• MATERIAL PROVIDED:
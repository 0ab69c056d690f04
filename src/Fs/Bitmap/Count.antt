-- ===== src/Fs/Bitmap/Count.antt =====
-- bitmap_nr_allocated of fs/bitmap.c, against the operations that change the bits.
use ece344_os.Prelude.{
  ℕ, zero, suc, ◌+◌, ◌/◌, ◌≤◌, ◌<◌, ◌≡◌, ◌≢◌, refl, inl, inr, true, false, not, ◌&&◌, ◌||◌, arith,
  ◌==◌, some, Bool-cases,
}
use ece344_os.Fs.Bitmap.{Bitmap, isset, unmark, count_bits, nr_allocated}
use ece344_os.Fs.Bitmap.Alloc.{IsValid, isset-without_bit, without_bit-IsValid, unmark-eq}

module _ (b b' : Bitmap) where
  count_bits-agree :
      (n : ℕ) → ((j : ℕ) → j < n → isset b' j ≡ isset b j) → count_bits b' n ≡ count_bits b n
  unfolding count_bits
  count_bits-agree zero h = refl
  count_bits-agree (suc n) h =
      ground (arith, h n (omega arith), count_bits-agree n (λ j hj. h j (omega arith)))

  count_bits-set :
      (n i : ℕ)
      → i < n
      → isset b i ≡ false
      → ((j : ℕ) → isset b' j ≡ (j == i || isset b j))
      → count_bits b' n ≡ count_bits b n + 1
  unfolding count_bits
  count_bits-set zero i hi c h = elim hi [ ]
  count_bits-set (suc n) i hi c h = elim (Bool-cases (n == i)) [
    | inl e ↦ ground (arith, h n, count_bits-agree n (λ j hj. ground (arith, h j)))
    | inr e ↦ ground (arith, h n, count_bits-set n i (ground arith) c h)
  ]

  count_bits-clear :
      (n i : ℕ)
      → i < n
      → isset b i ≡ true
      → ((j : ℕ) → isset b' j ≡ (not (j == i) && isset b j))
      → count_bits b' n + 1 ≡ count_bits b n
  unfolding count_bits
  count_bits-clear zero i hi c h = elim hi [ ]
  count_bits-clear (suc n) i hi c h = elim (Bool-cases (n == i)) [
    | inl e ↦ ground (arith, h n, count_bits-agree n (λ j hj. ground (arith, h j)))
    | inr e ↦ ground (arith, h n, count_bits-clear n i (ground arith) c h)
  ]

count_bits-full : (b : Bitmap) (n : ℕ) → ((i : ℕ) → i < n → isset b i ≡ true) → count_bits b n ≡ n
unfolding count_bits
count_bits-full b zero h = refl
count_bits-full b (suc n) h =
    ground (arith, h n (omega arith), count_bits-full b n (λ i hi. h i (omega arith)))

pub nr_allocated-taken :
    (b b' : Bitmap) (i : ℕ)
    → b'.nbits ≡ b.nbits
    → i < b.nbits
    → isset b i ≡ false
    → ((j : ℕ) → isset b' j ≡ (j == i || isset b j))
    → nr_allocated b' ≡ nr_allocated b + 1
unfolding nr_allocated
nr_allocated-taken b b' i e hi c h = simp e (count_bits-set b b' b.nbits i hi c h)

-- On a well-formed bitmap, bitmap_unmark of a set bit below nbits succeeds, lowers
-- bitmap_nr_allocated by one, keeps the size, clears that bit and no other, changes no byte but the
-- bit's, and leaves the bitmap well-formed.
pub nr_allocated-unmark :
    (b : Bitmap) (i : ℕ)
    → IsValid b
    → i < b.nbits
    → isset b i ≡ true
    → (b' : Bitmap) × (unmark b i ≡ some b')
      × (nr_allocated b' + 1 ≡ nr_allocated b)
      × (b'.nbits ≡ b.nbits)
      × ((j : ℕ) → isset b' j ≡ (not (j == i) && isset b j))
      × ((k : ℕ) → k ≢ i / 8 → b'.v k ≡ b.v k)
      × IsValid b'
unfolding nr_allocated
nr_allocated-unmark b i v hi c =
    let h = λ (j : ℕ). isset-without_bit b i j (v.bytes (i / 8)) in
    (
      _,
      unmark-eq b i hi c,
      count_bits-clear b _ b.nbits i hi c h,
      refl,
      h,
      (λ k ne. ground arith),
      without_bit-IsValid b i hi v,
    )

pub nr_allocated-full :
    (b : Bitmap) → ((i : ℕ) → i < b.nbits → isset b i ≡ true) → nr_allocated b ≡ b.nbits
unfolding nr_allocated
nr_allocated-full b h = count_bits-full b b.nbits h

count_bits-le : (b : Bitmap) (n : ℕ) → count_bits b n ≤ n
unfolding count_bits
count_bits-le b zero = omega arith
count_bits-le b (suc n) = ground (arith, count_bits-le b n)

pub nr_allocated-le : (b : Bitmap) → nr_allocated b ≤ b.nbits
unfolding nr_allocated
nr_allocated-le b = count_bits-le b b.nbits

• ACTIVITY: Everything from the line containing "unmark-eq b i" through the final line above must be copied exactly, with both ends kept.

• RESPONSE TO THE EXERCISE:
      unmark-eq b i hi c,
      count_bits-clear b _ b.nbits i hi c h,
      refl,
      h,
      (λ k ne. ground arith),
      without_bit-IsValid b i hi v,
    )

pub nr_allocated-full :
    (b : Bitmap) → ((i : ℕ) → i < b.nbits → isset b i ≡ true) → nr_allocated b ≡ b.nbits
unfolding nr_allocated
nr_allocated-full b h = count_bits-full b b.nbits h

count_bits-le : (b : Bitmap) (n : ℕ) → count_bits b n ≤ n
unfolding count_bits
count_bits-le b zero = omega arith
count_bits-le b (suc n) = ground (arith, count_bits-le b n)

pub nr_allocated-le : (b : Bitmap) → nr_allocated b ≤ b.nbits
unfolding nr_allocated
nr_allocated-le b = count_bits-le b b.nbits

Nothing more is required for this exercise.